Vorab ein kleiner erdgeschichtlicher Exkurs:

Der Ginkgo-Baum (Ginkgo biloba) ist der einzige heute noch lebende Vertreter der bis in die Urzeit zurückreichenden Gattung Ginkgo. Bereits im Jura vor etwa 160 Millionen Jahren waren Arten der Gattung Ginkgo in der Pflanzenwelt zu finden. Eine noch ältere Gattung von Ginkgogewächsen, die aber bereits seit längerem ausgestorben ist, ist Sphenobeiera, die schon im Zeitalter des Perms vor knapp 300 Millionen Jahren (oberes Paläozoikum) mit Arten auf dem damaligen Superkontinent Pangäa vertreten war. In den entsprechenden Schichten, auch in Ablagerungen aus dieser Zeit in Europa, sind solche fossilen Funde für die Altersbestimmung dieser Gesteinsschichten sehr wichtig. Die Ginkgogewächse besiedelten wie die aufkommenden Altkoniferen (z.B. Walchia) die seit dem Oberkarbon allmählich trockener werdenden Besiedelungsräume. Beide Pflanzenordnungen traten mit als erste Samenpflanzen auf. Die Vertreter der älteren Steinkohlenwälder im Karbon (Steinkohlenzeitalter) waren mehrheitlich Sporenpflanzen, wobei baumförmige Bärlapp-Gewächse und Baumfarne die Wälder dominierten. Daneben gab es noch die ebenfalls sporenführenden baumförmigen Schachtelhalme (Calamiten), und zwar noch bis in das Zeitalter der Trias hinein. Die auch schon Samen tragenden Bandblattbäume und Samenfarne des Karbons und Perms starben aber bereits bis in die frühe Trias (Erdmittelalter) wieder aus. Mit den altertümlichen wie auch mit den neuzeitlichen Koniferen verbindet sich bei den Vertretern der Ginkgo-Gewächse, so auch beim heute auftretenden Ginkgo-Baum, die Eigenschaft, dass sie alle Nacktsamer sind. Die Bedecktsamer (darunter alle modernen Laubhölzer) traten erst ab der Kreidezeit auf.

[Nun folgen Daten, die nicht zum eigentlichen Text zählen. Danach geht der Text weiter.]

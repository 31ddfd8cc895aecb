-- ===== src/Auth/Sessions.antt =====
-- Sessions: the row is the source of truth for a token.
use ulmara_backend.Common.{
  Option-cases, Text, arith, false, find_where, find_where-delete_where_other,
  find_where-delete_where_self, inl, inr, ltb, some, text, ℕ, ◌==◌, ◌≡◌,
}
use ulmara_backend.World.{Db, Session, err, http, ok}
use ulmara_backend.Auth.{TokenCheck, claims, has_token, logout, require_auth, token_invalid}

-- The message of a refusal for want of a live session, by what the token's signature says.
abbrev pub refusal : TokenCheck → Text
refusal token_invalid = text "Invalid token"
refusal _ = text "Session expired"

-- After a logout the token is refused with status 401, whatever its signature says.
logout-require_auth :
    (verify : ℕ → TokenCheck) (token : ℕ) (db : Db)
    → require_auth verify (some token) (logout token db).1
      ≡ (err (http 401 (refusal (verify token))), (logout token db).1)
unfolding logout require_auth
logout-require_auth verify token db =
    ground (arith, find_where-delete_where_self (has_token token) db.sessions)

-- A logout ends one session: every other token is admitted or refused as before.
logout_keeps_others :
    (verify : ℕ → TokenCheck) (token other : ℕ) (db : Db)
    → (token == other) ≡ false
    → (require_auth verify (some other) (logout token db).1).0
      ≡ (require_auth verify (some other) db).0
unfolding logout require_auth
logout_keeps_others verify token other db apart = ground (
  arith,
  find_where-delete_where_other (has_token other) (has_token token) (λ s e. ground arith)
      db.sessions,
)

-- A token that is admitted has a session that has not ended and belongs to the subject of its
-- verified claims.
pub require_auth_sound :
    (verify : ℕ → TokenCheck) (token user : ℕ) (db db' : Db)
    → require_auth verify (some token) db ≡ (ok user, db')
    → (s : Session) × (find_where (has_token token) db.sessions ≡ some s)
      × (verify token ≡ claims user)
      × (s.user_id ≡ user)
      × (ltb s.expires_at db.clock ≡ false)
unfolding require_auth
require_auth_sound verify token user db db' e =
    elim (Option-cases (find_where (has_token token) db.sessions)) [
      | inl missing ↦ absurd (ground arith)
      | inr (s, found) ↦ (s, found, ground arith, ground arith, ground arith)
    ]
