-- ===== src/Auth/Tests.antt =====
-- Runs of the PIN operations and the sessions on concrete states.
use ulmara_backend.Common.{
  [], all_digits, false, find_where, ltb, none, refl, some, text_eq, ℕ, ◌<◌, ◌∷◌, ◌≡◌,
}
use ulmara_backend.World.{Db, OtpRow, Session, email_channel, stored}
use ulmara_backend.Auth.{TokenCheck, claims, has_token, require_auth}
use ulmara_backend.Auth.Access.{submit_code, verify_email, write_verified}
use ulmara_backend.Auth.Access.Verified.{verify_email_sound}
use ulmara_backend.Auth.Sessions.{require_auth_sound}
use ulmara_backend.Otp.{check_code, claim_code, consume_script, otp_of, verify_verification_code}
use ulmara_backend.Sample.{ada, pin_digits, sample_db, sample_env}

abbrev sample_verify : ℕ → TokenCheck
sample_verify token = claims 1

require_auth_sound_example :
    (s : Session) × (find_where (has_token 500) sample_db.sessions ≡ some s)
    × (sample_verify 500 ≡ claims 1)
    × (s.user_id ≡ 1)
    × (ltb s.expires_at 1000 ≡ false)
unfolding require_auth find_where
require_auth_sound_example = require_auth_sound sample_verify 500 1 sample_db sample_db refl

abbrev unverified_db : Db
unverified_db = record sample_db {
  users = record ada { email_verified = false } ∷ [];
  otps =
      record { user_id = 1; channel = email_channel; value = stored pin_digits 3000 0; ttl = 60 }
      ∷ [];
}

verify_email_sound_example :
    (row : OtpRow) × (e : ℕ) × (a : ℕ) × (otp_of 1 email_channel unverified_db ≡ some row)
    × (row.value ≡ stored pin_digits e a)
    × (1000 < e)
    × (otp_of 1 email_channel (verify_email sample_env 1 pin_digits unverified_db).1 ≡ none)
unfolding verify_email find_where submit_code verify_verification_code all_digits check_code text_eq
    claim_code consume_script write_verified
verify_email_sound_example =
    verify_email_sound sample_env 1 pin_digits (record ada { email_verified = false }) unverified_db
      (verify_email sample_env 1 pin_digits unverified_db).1 refl refl refl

Unser noch heute vorkommender Ginkgo (Ginkgo biloba) wird auch als „lebendes Fossil“ bezeichnet. In der Kreidezeit vor mehr als 100 Millionen Jahren sah der Baum fast genauso aus wie heute noch. Auch seine recht waagerecht abstehenden, verzweigungsarmen Seitenäste, die um einen geraden Zentralstamm gruppiert sind, sind vermutlich altertümliche Kennzeichen (Bild 5).

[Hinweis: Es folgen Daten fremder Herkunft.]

-- ===== src/Orders/Directory/Refinement.antt =====
-- UserDirectory.exists, with its retries and its cache, over time, against any user-service that tells
-- the truth. The service of this repository is UserLookup.Refinement.

use text.Mathlib.TextLemmas.{append_cancel_left}
use platform_engineering_lab.Prelude.{
  ℕ, ◌+◌, ◌≡◌, ◌⊎◌, inl, inr, refl, sym, ap, ◌∙◌, String, Bool, true, false, Option, none, some,
  Result, ok, throw, List, [], ◌∷◌,
}
use platform_engineering_lab.Database.Filter.{Exception, http}
use platform_engineering_lab.Orders.Types.{World, counted, user_lookup, unavailable}
use platform_engineering_lab.Orders.Cache
use platform_engineering_lab.Orders.Cache.{Redis, or_null}
use platform_engineering_lab.Orders.Directory.{
  Fetched, response, fetch_from, attempts, DirectoryConfig, UserService, user_request, cache_key,
  is_truthy, fetch_exists, remember, after_cache, exists, lookup_unavailable,
}
use platform_engineering_lab.Orders.Directory.Laws.{Answers, fetch_from_iff}

-- What Redis documents of GET and SET: a value that is answered is held, a command adds no other value
-- than the one it sets, and may lose any (expiry, eviction, a restart) or fail.
pub record RedisLaws (redis : Redis) : Type 1 where
  pub Holds : redis.State → String → String → Type 0
  pub get_held :
      (key value : String) (s : redis.State)
      → (redis.get key s).0 ≡ ok (some value)
      → Holds s key value
  pub get_adds :
      (key k value : String) (s : redis.State) → Holds (redis.get key s).1 k value → Holds s k value
  pub set_adds :
      (key v : String) (ttl : ℕ) (k value : String) (s : redis.State)
      → Holds (redis.set key v ttl s).1 k value
      → (k ≡ key) ⊎ Holds s k value

-- user-service moves to another state, or order-service looks a user up with a caller's token.
pub data Event (Users : Type 0) : Type 0 where
  moves : Users → Event Users
  lookup : (user_id request_id : String) → Option String → Event Users

module _ {Users : Type 0} (has : Users → String → Bool) where
  -- The specification: a lookup answers whether the service has the user at its time.
  abbrev pub answers : List (Event Users) → Users → List Bool
  answers [] users = []
  answers (moves later ∷ es) users = answers es later
  answers (lookup u request_id authorization ∷ es) users = has users u ∷ answers es users

  -- No user is ever removed.
  abbrev pub IsGrowing : List (Event Users) → Users → Type 0
  IsGrowing [] users = Unit
  IsGrowing (moves later ∷ es) users =
      ((u : String) → has users u ≡ true → has later u ≡ true) × IsGrowing es later
  IsGrowing (lookup u request_id authorization ∷ es) users = IsGrowing es users

-- Each lookup is one that the caller may make.
abbrev pub AllMay :
    {Users : Type 0} → (String → Option String → Type 0) → List (Event Users) → Type 0
AllMay May [] = Unit
AllMay May (moves later ∷ es) = AllMay May es
AllMay May (lookup u request_id authorization ∷ es) = May u authorization × AllMay May es

-- The answer, or 503.
abbrev pub Matches : Result Exception Bool → Bool → Type 0
Matches (ok b) a = b ≡ a
Matches (throw e) a = e ≡ http lookup_unavailable

abbrev pub AllMatch : List (Result Exception Bool) → List Bool → Type 0
AllMatch [] [] = Unit
AllMatch [] (a ∷ as') = ⊥
AllMatch (r ∷ rs) [] = ⊥
AllMatch (r ∷ rs) (a ∷ as') = Matches r a × AllMatch rs as'

module _ {Users : Type 0} (has : Users → String → Bool) (May : String → Option String → Type 0)
    (config : DirectoryConfig) (user_service : ℕ → Users → UserService) where
  -- To the n-th lookup, if the caller may make it, the service answers 200 only if it has the user, and
  -- 404 only if it has not; any other status, or nothing, whenever it likes.
  pub record IsHonest : Type 0 where
    pub found :
        (n : ℕ) (users : Users) (u request_id : String) (authorization : Option String)
        (attempt : ℕ)
        → May u authorization
        → user_service n users (user_request config u request_id authorization) attempt
          ≡ response 200
        → has users u ≡ true
    pub missing :
        (n : ℕ) (users : Users) (u request_id : String) (authorization : Option String)
        (attempt : ℕ)
        → May u authorization
        → user_service n users (user_request config u request_id authorization) attempt
          ≡ response 404
        → has users u ≡ false

  module _ (honest : IsHonest) (users : Users) (n : ℕ) (u request_id : String)
      (authorization : Option String) (may : May u authorization) where
    abbrev asked : ℕ → Fetched
    asked = user_service n users (user_request config u request_id authorization)

    from_200 : Answers asked 200 → has users u ≡ true
    from_200 (inl first) = honest.found n users u request_id authorization 1 may first
    from_200 (inr (retries, second)) = honest.found n users u request_id authorization 2 may second

    from_404 : Answers asked 404 → has users u ≡ false
    from_404 (inl first) = honest.missing n users u request_id authorization 1 may first
    from_404 (inr (retries, second)) =
        honest.missing n users u request_id authorization 2 may second

    fetched_right : (b : Bool) → fetch_from asked attempts 1 ≡ some b → has users u ≡ b
    fetched_right true h = from_200 ((fetch_from_iff asked).0.0 h)
    fetched_right false h = from_404 ((fetch_from_iff asked).1.0 h)

module _ {Users : Type 0} (has : Users → String → Bool) (redis : Redis)
    (laws : RedisLaws redis) where
  -- Only users that the service has are cached.
  abbrev pub IsSound : Users → redis.State → Type 0
  IsSound users s = (u value : String) → laws.Holds s (cache_key u) value → has users u ≡ true

  set-IsSound :
      (users : Users) (u : String) (ttl : ℕ) (s : redis.State)
      → has users u ≡ true
      → IsSound users s
      → IsSound users (redis.set (cache_key u) "1" ttl s).1
  set-IsSound users u ttl s there sound v value held =
      elim (laws.set_adds (cache_key u) "1" ttl (cache_key v) value s held) [
        | inl same ↦ ap (has users) (append_cancel_left "user:" v u same) ∙ there
        | inr before ↦ sound v value before
      ]

  moved-IsSound :
      (users later : Users) (s : redis.State)
      → ((u : String) → has users u ≡ true → has later u ≡ true)
      → IsSound users s
      → IsSound later s
  moved-IsSound users later s grows sound v value held = grows v (sound v value held)

hit-registered :
    (known : Bool) (r : Result String (Option String))
    → ((value : String) → r ≡ ok (some value) → known ≡ true)
    → is_truthy (or_null r) ≡ true
    → known ≡ true
hit-registered known (ok (some value)) h e = h value refl
hit-registered known (ok none) h e = absurd (cc)
hit-registered known (throw m) h e = absurd (cc)

module _ {Users : Type 0} (has : Users → String → Bool) (redis : Redis) (laws : RedisLaws redis)
    (config : DirectoryConfig) (user_service : ℕ → Users → UserService) {Db Broker : Type 0} where
  -- The lookup has the right answer, and leaves a sound cache.
  abbrev Right : Users → String → Result Exception Bool × World Db redis.State Broker → Type 0
  Right users u (r, w) = Matches r (has users u) × IsSound has redis laws users w.redis

  remember-Right :
      (users : Users) (n : ℕ) (u : String) (r : Result Exception Bool)
      (w : World Db redis.State Broker)
      → Right users u (r, w)
      → Right users u (remember redis config (user_service n users) (cache_key u) r w)
  unfolding Cache.set
  remember-Right users n u (ok true) w (right, sound) = (
    right,
    set-IsSound has redis laws users u config.user_cache_ttl_seconds w.redis (sym right) sound,
  )
  remember-Right users n u (ok false) w (right, sound) = (right, sound)
  remember-Right users n u (throw e) w (right, sound) = (right, sound)

  answered-Right :
      (users : Users) (u : String) (w : World Db redis.State Broker)
      → IsSound has redis laws users w.redis
      → (answer : Option Bool) → ((b : Bool) → answer ≡ some b → has users u ≡ b)
      → Right users u (elim answer as (λ _. Result Exception Bool × World Db redis.State Broker) [
        | some b ↦ (ok b, w)
        | none ↦ (throw (http lookup_unavailable), counted (user_lookup unavailable) w)
      ])
  answered-Right users u w sound none h = (refl, sound)
  answered-Right users u w sound (some b) h = (sym (h b refl), sound)

  module _ (May : String → Option String → Type 0) (honest : IsHonest has May config user_service)
      (users : Users) (n : ℕ) (u request_id : String) (authorization : Option String)
      (may : May u authorization) where
    fetch_exists-Right :
        (w : World Db redis.State Broker)
        → IsSound has redis laws users w.redis
        → Right users u
            (fetch_exists redis config (user_service n users) u request_id authorization w)
    unfolding fetch_exists
    fetch_exists-Right w sound =
        answered-Right users u w sound
          (fetch_from (user_service n users (user_request config u request_id authorization))
            attempts 1)
          (λ b h.
            fetched_right has May config user_service honest users n u request_id authorization may
              b h)

    after_cache-Right :
        (hit : Bool) (w : World Db redis.State Broker)
        → (hit ≡ true → has users u ≡ true)
        → IsSound has redis laws users w.redis
        → Right users u
            (after_cache redis config (user_service n users) hit u request_id authorization w)
    after_cache-Right true w cached sound = (sym (cached refl), sound)
    after_cache-Right false w cached sound =
        let (answered, w') =
          fetch_exists redis config (user_service n users) u request_id authorization w in
        remember-Right users n u answered w' (fetch_exists-Right w sound)

    exists-Right :
        (w : World Db redis.State Broker)
        → IsSound has redis laws users w.redis
        → Right users u (exists redis config (user_service n users) u request_id authorization w)
    unfolding exists Cache.get
    exists-Right w sound =
        after_cache-Right (is_truthy (Cache.get redis (cache_key u) w).0)
          (Cache.get redis (cache_key u) w).1
          (hit-registered (has users u) (redis.get (cache_key u) w.redis).0
            (λ value e. sound u value (laws.get_held (cache_key u) value w.redis e)))
          (λ v value held.
            sound v value (laws.get_adds (cache_key u) (cache_key v) value w.redis held))

  -- The directory over time: each lookup meets the service of its time and the cache that the earlier
  -- ones left.
  abbrev pub run :
      List (Event Users) → Users → ℕ → World Db redis.State Broker → List (Result Exception Bool)
  run [] users n w = []
  run (moves later ∷ es) users n w = run es later n w
  run (lookup u request_id authorization ∷ es) users n w =
      (exists redis config (user_service n users) u request_id authorization w).0
      ∷ run es users (n + 1)
          (exists redis config (user_service n users) u request_id authorization w).1

  pub run-AllMatch :
      (May : String → Option String → Type 0) (honest : IsHonest has May config user_service)
      (es : List (Event Users)) (users : Users) (n : ℕ) (w : World Db redis.State Broker)
      → AllMay May es
      → IsGrowing has es users
      → IsSound has redis laws users w.redis
      → AllMatch (run es users n w) (answers has es users)
  run-AllMatch May honest [] users n w may grows sound = tt
  run-AllMatch May honest (moves later ∷ es) users n w may (grows, still) sound =
      run-AllMatch May honest es later n w may still
        (moved-IsSound has redis laws users later w.redis grows sound)
  run-AllMatch May honest (lookup u request_id authorization ∷ es) users n w (may, all) grows
        sound =
      let (right, still) = exists-Right May honest users n u request_id authorization may w sound in
      (
        right,
        run-AllMatch May honest es users (n + 1)
            (exists redis config (user_service n users) u request_id authorization w).1 all grows
            still,
      )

Der heutige Ginkgo-Baum ist ursprünglich in China beheimatet gewesen. In Japan wurde er sehr schnell kultiviert und besitzt dort eine besondere spirituelle Bedeutung.

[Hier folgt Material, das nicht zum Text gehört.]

-- ===== src/Orders/Directory/Tests.antt =====
-- A lookup while Redis is down.
use platform_engineering_lab.Prelude.{ℕ, ◌≡◌, refl, true, none, [], ok, if◌then◌else◌, eqb}
use platform_engineering_lab.Orders.Types.{World}
use platform_engineering_lab.Orders.Cache
use platform_engineering_lab.Orders.Cache.{Redis}
use platform_engineering_lab.Orders.Directory.Samples.{redis_down, directory_config}
use platform_engineering_lab.Orders.Directory.{
  Fetched, response, failed, fetch_from, UserService, exists, fetch_exists, step_of,
}

-- Fails once.
abbrev flaky : ℕ → Fetched
flaky n = if eqb n 1 then failed "timeout" else response 200

abbrev users : UserService
users request attempt = flaky attempt

abbrev before : World Unit Unit Unit
before = record { db = tt; redis = tt; broker = tt; counts = [] }

-- The second request answers, and the failures of Redis are misses.
found_at_last : (exists redis_down directory_config users "ab" "r" none before).0 ≡ ok true
unfolding exists fetch_exists fetch_from step_of Cache.get Cache.set
found_at_last = refl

In den Grünanlagen des Kosmosviertels ist der Ginkgo-Baum leider momentan nur noch mit einem Exemplar vertreten, und zwar im zentralen Grünzug, der sich als Achse von Südwest nach Nordost durch das Wohnquartier erstreckt, hier im Bereich in der Nähe des neu gebauten Seniorenheims (Bilder 1,  2 und 9). Zwei kleine Exemplare standen bis zum Frühjahr 2020 auf dem Schulhof der Pegasusschule und mussten dann leider im Rahmen der Baumaßnahmen zur Schulgebäude-Erweiterung gefällt werden (Bild 8).

 

Bild 1: Ein einzelner Ginkgo-Baum steht im Kosmosviertel in der Nähe des Seniorenheims. Sein kräftig gelb gefärbtes Laub hebt sich hier, Anfang November, von dem bräunlichen Laub der Pyramiden-Eichen im Hintergrund ab. Rechts sind Weidengebüsche sichtbar. (November 2021).

 

Bild 2: Der einzelne Ginkgo-Baum am Seniorenheim im Kosmosviertel zeigt hier, Anfang November, noch einige gelb verfärbte Laubblätter. Die Linden im Hintergrund sind bereits kahl. Anfang November 2021.

 

Bild 3: Gelbes Herbstlaub am Exemplar des Ginkgobaumes im Grünzug in der Nähe des Seniorenheims im Kosmosviertel. An den bereits kahlen Astabschnitten sind an den Zweigen die seitlichen, auffallend dicken Triebe mit den Knospen der Kurztriebe erkennbar. Anfang November 2021.

 

Laub

 

Die Laubblätter des Ginkgobaumes gehören aufgrund ihrer unverkennbar spezifischen Form zu den bekanntesten Baum-Blättern. Sie sind breit fächerförmig. Die Nervatur ist gabelig verzweigt. Die ebenfalls charakteristischen Einkerbungen, nicht an jedem Blatt vorhanden, führen bei einer Einkerbung zur Zweilappigkeit, bei zweien zur Dreilappigkeit (Bild 4).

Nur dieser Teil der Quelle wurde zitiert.